Other major championships have felt his caress and withered. The 2017 U.S. Women’s Open, held at Trump National in Bedminster, New Jersey, was a painful spectacle as most players tried to ignore the groping elephant in the room. His Bedminster course is scheduled to host the 2022 PGA Championship, a fact that now has the PGA of America bunkered down under sustained criticism for a decision made in 2014. Such are the perils of assigning championship venues far in advance; you just never know when you’ve hitched your premier event to a sociopath. Though there was a hint back in 2015, when the PGA of America chose to kill the Grand Slam of Golf rather than play it at Trump’s Los Angeles course in the wake of his racist comments about Mexicans.
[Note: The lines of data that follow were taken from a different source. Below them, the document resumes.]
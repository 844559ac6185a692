-- ===== src/Config/Models.antt =====
-- relay/models.py: the configuration. `F` is the type of the floats; a field that the loader has
-- checked against a list of words keeps its text.
use openai_ipmi_proxy.Prelude.{String, Bool, List, Option}
use openai_ipmi_proxy.Prelude.Int.{ℤ}

pub record StoreConfig : Type 0 where
  pub path : String
  pub retention_days : ℤ

pub record ProxyConfig (F : Type 0) : Type 0 where
  pub host : String
  pub port : ℤ
  pub unknown_path_policy : String
  pub target_read_timeout : ℤ
  pub session_id_headers : List String
  pub shutdown_tick : F
  pub store : StoreConfig

pub record ReadinessConfig (F : Type 0) : Type 0 where
  pub path : String
  pub method : String
  pub interval : F
  pub timeout : F
  pub healthy_statuses : List ℤ

pub record SessionConfig (F : Type 0) : Type 0 where
  pub per_session_requests : ℤ
  pub request_mode : String
  pub busy_window : F
  pub expiry : F
  pub immediate_idle_release : Bool

pub record EndpointConfig (F : Type 0) : Type 0 where
  pub name : String
  pub server : String
  pub path_prefix : String
  pub catch_all : Bool
  pub readiness : ReadinessConfig F
  pub wait_policy : String
  pub routing : String
  pub concurrency : ℤ
  pub queue_timeout : F
  pub session : SessionConfig F
  pub session_id_body_fields : List String

pub record RedfishPowerConfig : Type 0 where
  pub host : String
  pub user : String
  pub password : String
  pub base_url : Option String
  pub system_path : String
  pub verify_ssl : Bool

pub record NoopPowerConfig : Type 0 where
  pub initial_state : String

pub record AwsEc2PowerConfig : Type 0 where
  pub region : String
  pub instance_id : String
  pub access_key : Option String
  pub secret_key : Option String
  pub session_token : Option String
  pub profile : Option String
  pub off_action : String

-- `PowerConfig`, a union of the three
pub data PowerConfig : Type 0 where
  redfish : RedfishPowerConfig → PowerConfig
  noop : NoopPowerConfig → PowerConfig
  aws_ec2 : AwsEc2PowerConfig → PowerConfig

-- `kind` is the field `type`.
pub record ServerConfig (F : Type 0) : Type 0 where
  pub name : String
  pub kind : String
  pub power : PowerConfig
  pub service_url : String
  pub idle_timeout : F
  pub shutdown_enabled : Bool
  pub adopt_on_traffic : Bool
  pub schedule : Option String

pub record MatchConfig : Type 0 where
  pub ua_prefix : String
  pub session_headers : List String
  pub gated_session_headers : List String

pub record StatusConfig (F : Type 0) : Type 0 where
  pub kind : String
  pub port : ℤ
  pub password : String
  pub poll_interval : F
  pub status_path : String
  pub session_path : String
  pub pending_paths : List String

pub record ChildrenConfig : Type 0 where
  pub kind : String
  pub depth : ℤ

-- `matching` is the field `match`.
pub record ClientConfig (F : Type 0) : Type 0 where
  pub name : String
  pub matching : MatchConfig
  pub status : StatusConfig F
  pub children : ChildrenConfig

pub record RelayConfig (F : Type 0) : Type 0 where
  pub proxy : ProxyConfig F
  pub servers : List (ServerConfig F)
  pub endpoints : List (EndpointConfig F)
  pub clients : List (ClientConfig F)
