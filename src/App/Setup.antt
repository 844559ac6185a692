-- ===== src/App/Setup.antt =====
-- relay/main.py: `RelayApp.__init__` and `setup`, which wire the runtime from the configuration. A
-- reference to a server or an endpoint is its name in the dictionary.
use openai_ipmi_proxy.Prelude.{
  String, List, [], ◌∷◌, ◌++◌, Option, none, some, if◌then◌else◌, ◌==◌, string_eq,
}
use openai_ipmi_proxy.Prelude.Int.{ℤ}
use openai_ipmi_proxy.Prelude.Dict.{lookup, insert}
use openai_ipmi_proxy.Config.Models.{RelayConfig, ServerConfig, EndpointConfig, ClientConfig}

-- A server with the endpoints that were appended to it
pub record WiredServer (F : Type 0) : Type 0 where
  pub config : ServerConfig F
  pub endpoints : List String

-- An endpoint with its server and its read timeout
pub record WiredEndpoint (F : Type 0) : Type 0 where
  pub config : EndpointConfig F
  pub server : String
  pub read_timeout : ℤ

pub record RelayApp (F : Type 0) : Type 0 where
  pub servers : List (String × WiredServer F)
  pub pollers : List (String × ClientConfig F)
  pub endpoints : List (String × WiredEndpoint F)
  pub catch_all : Option String
  pub target_read_timeout : ℤ

module _ {F : Type 0} where
  -- The loop of `__init__` over the servers
  unfoldable pub add_servers :
      List (ServerConfig F) → List (String × WiredServer F) → List (String × WiredServer F)
  add_servers [] servers = servers
  add_servers (config ∷ configs) servers =
      add_servers configs (insert config.name (record { config = config; endpoints = [] }) servers)

  unfoldable pub init : RelayConfig F → RelayApp F
  unfolding add_servers
  init config = record {
    servers = add_servers config.servers [];
    pollers = [];
    endpoints = [];
    catch_all = none;
    target_read_timeout = config.proxy.target_read_timeout;
  }

  -- A poller for each client whose status can be asked
  abbrev pub add_poller : ClientConfig F → RelayApp F → RelayApp F
  add_poller client app =
      if client.status.kind == "opencode"
      then record app { pollers = insert client.name client app.pollers }
      else app

  unfoldable pub add_pollers : List (ClientConfig F) → RelayApp F → RelayApp F
  add_pollers [] app = app
  add_pollers (client ∷ clients) app = add_pollers clients (add_poller client app)

  abbrev pub catch_all_of : EndpointConfig F → Option String → Option String
  catch_all_of config old = if config.catch_all then some config.name else old

  -- `server.endpoints.append(endpoint)`
  abbrev pub attach : String → WiredServer F → WiredServer F
  attach name server = record server { endpoints = server.endpoints ++ name ∷ [] }

  -- `EndpointRuntime(endpoint_config, server, …, read_timeout=self.target_read_timeout)`
  abbrev pub wired : EndpointConfig F → RelayApp F → WiredEndpoint F
  wired config app = record {
    config = config;
    server = config.server;
    read_timeout = app.target_read_timeout;
  }

  abbrev pub add_endpoint : EndpointConfig F → WiredServer F → RelayApp F → RelayApp F
  add_endpoint config server app = record app {
    servers = insert config.server (attach config.name server) app.servers;
    endpoints = insert config.name (wired config app) app.endpoints;
    catch_all = catch_all_of config app.catch_all;
  }

  -- The loop over the endpoints; `none` is the `KeyError` of `self.servers[…]`.
  unfoldable pub add_endpoints : List (EndpointConfig F) → RelayApp F → Option (RelayApp F)
  add_endpoints [] app = some app
  add_endpoints (config ∷ configs) app = elim (lookup config.server app.servers) [
    | none ↦ none
    | some server ↦ add_endpoints configs (add_endpoint config server app)
  ]

  -- `setup`, once the HTTP client exists
  unfoldable pub setup : RelayConfig F → RelayApp F → Option (RelayApp F)
  unfolding add_pollers add_endpoints
  setup config app = add_endpoints config.endpoints (add_pollers config.clients app)
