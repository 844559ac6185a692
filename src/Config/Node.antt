-- ===== src/Config/Node.antt =====
-- What `yaml.safe_load` returns, as relay/config.py reads it.
use openai_ipmi_proxy.Prelude.{
  String, Bool, true, false, not, List, [], ◌∷◌, Option, none, some, if◌then◌else◌, ◌==◌, string_eq,
}
use openai_ipmi_proxy.Prelude.Int.{ℤ, pos, negsuc}
use Prim.Native.Nat.{zero, suc}
use openai_ipmi_proxy.Prelude.Text.{is_nonempty}

-- `F` is the type of the floats. `other` is a date or another value that the code never accepts, with
-- its truth value. A mapping has texts for keys, each once, since the code asks for no others.
mutual
  pub data Node (F : Type 0) : Type 0 where
    null : Node F
    bool : Bool → Node F
    int : ℤ → Node F
    float : F → Node F
    text : String → Node F
    other : Bool → Node F
    list : Items F → Node F
    mapping : Fields F → Node F

  pub data Items (F : Type 0) : Type 0 where
    nil : Items F
    cons : Node F → Items F → Items F

  pub data Fields (F : Type 0) : Type 0 where
    end : Fields F
    field : String → Node F → Fields F → Fields F

module _ {F : Type 0} where
  -- `section.get(key)`
  unfoldable pub get_field : String → Fields F → Option (Node F)
  get_field key end = none
  get_field key (field k v rest) = if k == key then some v else get_field key rest

  abbrev pub items_list : Items F → List (Node F)
  items_list nil = []
  items_list (cons v rest) = v ∷ items_list rest

  -- `None` and a missing key are the same to `_present`, `_section` and `_list_section`.
  abbrev pub given : Option (Node F) → Option (Node F)
  given none = none
  given (some null) = none
  given (some v) = some v

-- The floats and what the code asks of them: `float(n)` of an integer, `none` where it raises
-- `OverflowError`; a literal, in thousandths; `<`; and whether the truth value is false.
pub record Floats (F : Type 0) : Type 0 where
  pub of_int : ℤ → Option F
  pub literal : Prim.Native.Nat.ℕ → F
  pub less : F → F → Bool
  pub is_zero : F → Bool

-- `bool(value)`
module _ {F : Type 0} (floats : Floats F) where
  abbrev pub truth : Node F → Bool
  truth null = false
  truth (bool b) = b
  truth (int (pos zero)) = false
  truth (int (pos (suc n))) = true
  truth (int (negsuc n)) = true
  truth (float x) = not (floats.is_zero x)
  truth (text s) = is_nonempty s
  truth (other b) = b
  truth (list nil) = false
  truth (list (cons v rest)) = true
  truth (mapping end) = false
  truth (mapping (field k v rest)) = true
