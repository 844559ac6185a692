-- ===== src/Config/Result.antt =====
-- relay/config.py: `ConfigError` as a value, and the chain of the steps that may raise it.
use openai_ipmi_proxy.Prelude.{subst, ap, ◌≡◌, refl, String, Bool, true, false, arith}

-- One constructor for each message, with the names in it: the field and the place where it stands.
-- `float_overflow` is the `OverflowError` of `float(value)`, which no handler catches.
pub data ConfigError : Type 0 where
  file_not_found invalid_yaml not_a_mapping_at_top : ConfigError
  unset_variable : String → String → ConfigError
  unsupported_reference : String → ConfigError
  not_a_mapping not_a_list : String → ConfigError
  missing_field not_a_text empty_text not_an_integer not_a_number : String → String → ConfigError
  below_minimum not_a_boolean not_allowed not_texts not_integers : String → String → ConfigError
  float_overflow : String → String → ConfigError
  no_five_fields invalid_cron : String → ConfigError
  no_host no_credentials one_key_only unsupported_type : String → ConfigError
  duplicate_name unknown_server relative_prefix : String → String → ConfigError
  identical_prefix : String → String → String → ConfigError
  second_catch_all no_slots : String → ConfigError
  path_not_creatable : String → ConfigError

pub data Result {ℓ} (A : Type ℓ) : Type ℓ where
  ok : A → Result A
  raised : ConfigError → Result A

ok_injective {ℓ} : {A : Type ℓ} (a b : A) → ok a ≡ ok b → a ≡ b
ok_injective a b h = ground (arith, h)

-- Proofs follow a chain by the rules below, and a test unfolds it.
infixl 5 ◌>>=◌ ◌>>◌
unfoldable pub ◌>>=◌ {ℓ κ} : {A : Type ℓ} {B : Type κ} → Result A → (A → Result B) → Result B
ok value >>= next = next value
raised error >>= next = raised error

abbrev pub ◌>>◌ {ℓ} : {B : Type ℓ} → Result (Unit {0}) → Result B → Result B
check >> next = check >>= λ done. next

-- `if not test: raise ConfigError(…)`
unfoldable pub require : Bool → ConfigError → Result (Unit {0})
require true error = ok tt
require false error = raised error

-- What `m` returns, when it returns, satisfies `P`.
pub record Ensures {ℓ} {A : Type ℓ} (P : A → Type ℓ) (m : Result A) : Type ℓ where
  pub result : (a : A) → m ≡ ok a → P a

module _ {ℓ} {A : Type ℓ} {P : A → Type ℓ} where
  pub Ensures-ok : (a : A) → P a → Ensures P (ok a)
  Ensures-ok a h = record { result = λ b e. subst P (ok_injective a b e) h }

  pub Ensures-raised : (error : ConfigError) → Ensures P (raised error)
  Ensures-raised error = record { result = λ a e. absurd (ground (arith, e)) }

  pub Ensures-require :
      {test : Bool} (error : ConfigError) {next : Result A}
      → (test ≡ true → Ensures P next)
      → Ensures P (require test error >> next)
  unfolding require ◌>>=◌
  Ensures-require {test = true} error rest = rest refl
  Ensures-require {test = false} error rest = Ensures-raised error

module _ {ℓ} {A B : Type ℓ} {P : B → Type ℓ} where
  -- A step whose result satisfies `Q`, and the rest of the chain
  pub Ensures-bind :
      {Q : A → Type ℓ} {m : Result A} {next : A → Result B}
      → Ensures Q m
      → ((a : A) → Q a → Ensures P (next a))
      → Ensures P (m >>= next)
  unfolding ◌>>=◌
  Ensures-bind {m = ok a} step rest = rest a (step.result a refl)
  Ensures-bind {m = raised error} step rest = Ensures-raised error

  -- A step of which nothing is needed but what it returned
  pub Ensures-after :
      {m : Result A} {next : A → Result B}
      → ((a : A) → m ≡ ok a → Ensures P (next a))
      → Ensures P (m >>= next)
  unfolding ◌>>=◌
  Ensures-after {m = ok a} rest = rest a refl
  Ensures-after {m = raised error} rest = Ensures-raised error

-- A step that returned, and the chain that goes on from its result
pub after_ok {ℓ κ} :
    {A : Type ℓ} {B : Type κ} {step : Result A} {a : A} (next : A → Result B)
    → step ≡ ok a
    → (step >>= next) ≡ next a
unfolding ◌>>=◌
after_ok next h = ap (λ m. m >>= next) h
The odds that ’22’s PGA Championship will happen as scheduled in New Jersey are about as good as the chances of you or I winning it. Seth Waugh, the PGA of America’s CEO, was a banker and has an alert eye for high-risk exposure. He knows that Trumpism is likely to be an equally incendiary force in the ’22 midterm elections and that any affiliation is poisonous. Waugh will be forced to move the event and face down a small but vocal faction of his membership who remain true believers. Moving its major from Trump National has been debated internally at the PGA for more than two years, but executives have been reluctant to antagonize a famously vindictive man who controls the Internal Revenue Service. Such concerns melt away in 10 days, if not sooner.

Reputations too have been left bruised in the eyes of many golf fans. Like those of Jack Nicklaus and Nancy Lopez, both of whom have long been celebrated for their character and rectitude. Both supported Trump in the waning days of the election campaign, despite clear signs he would not accept any result he didn’t like. Nicklaus and Lopez have a right to support whatever candidate they choose, but they are not exempt from scrutiny for a choice publicly stated. In the aftermath of Wednesday’s murderous riot in Washington, D.C., Lopez at least tweeted that she disagreed with Trump and was rooting for the country to unite under President Biden. Jack has remained silent as a sphinx.

Arguably even more sullied are the reputations of Gary Player and Annika Sorenstam, who attended the White House to receive the Presidential Medal of Freedom from the man who just one day earlier had incited the mob that killed a police officer. In an ideal world, the accomplishments for which Player and Sorenstam were being recognized with one of the nation’s highest civilian honors could be viewed independently of the administration conferring the honor, but like so many other norms that standard has been laid waste by Trump. Neither Player nor Sorenstam released photos from the ceremony. At least the third professional golfer “honored,” Babe Zaharias, doesn’t have to live with the shame, having died more than 60 years ago.

Bryson DeChambeau had shed the Trump Golf logo from his golf bag when he competed this week at the Sentry Tournament of Champions in Hawaii. Time will tell if others—like PGA Tour Champions regulars Rocco Mediate and Scott McCarron—do the same.

The notion that an association with the outgoing president might be cause for shame will trigger Trumpers in golf, who are accustomed to justifying his obscenities with whataboutery and conspiracy theories, who foam at the mouth when confronted with views alien to their echo chamber, and who can no longer distinguish the conservatism of old from the cult of today. They passionately (and rightly) celebrate Folds of Honor veterans yet defend Cadet Bone Spurs’ many calumnies against the military and their families. They mock (rightly) Bill Clinton’s audacious score-keeping, but turn a deaf ear when Trump demands officials “find” enough votes to flip a legitimate election in his favor. Golf no more belongs to that hypocritical cadre than does America itself.

Whatever the future holds for Donald Trump after the noon hour on January 20, the events of January 6 that left five people dead ought to make him a pariah everywhere. Including in golf. This game should not be the familiar bosom to which he can safely retreat while fending off indictments. He is finally and deservedly being expelled from civic life. He needs to be driven from golf, too.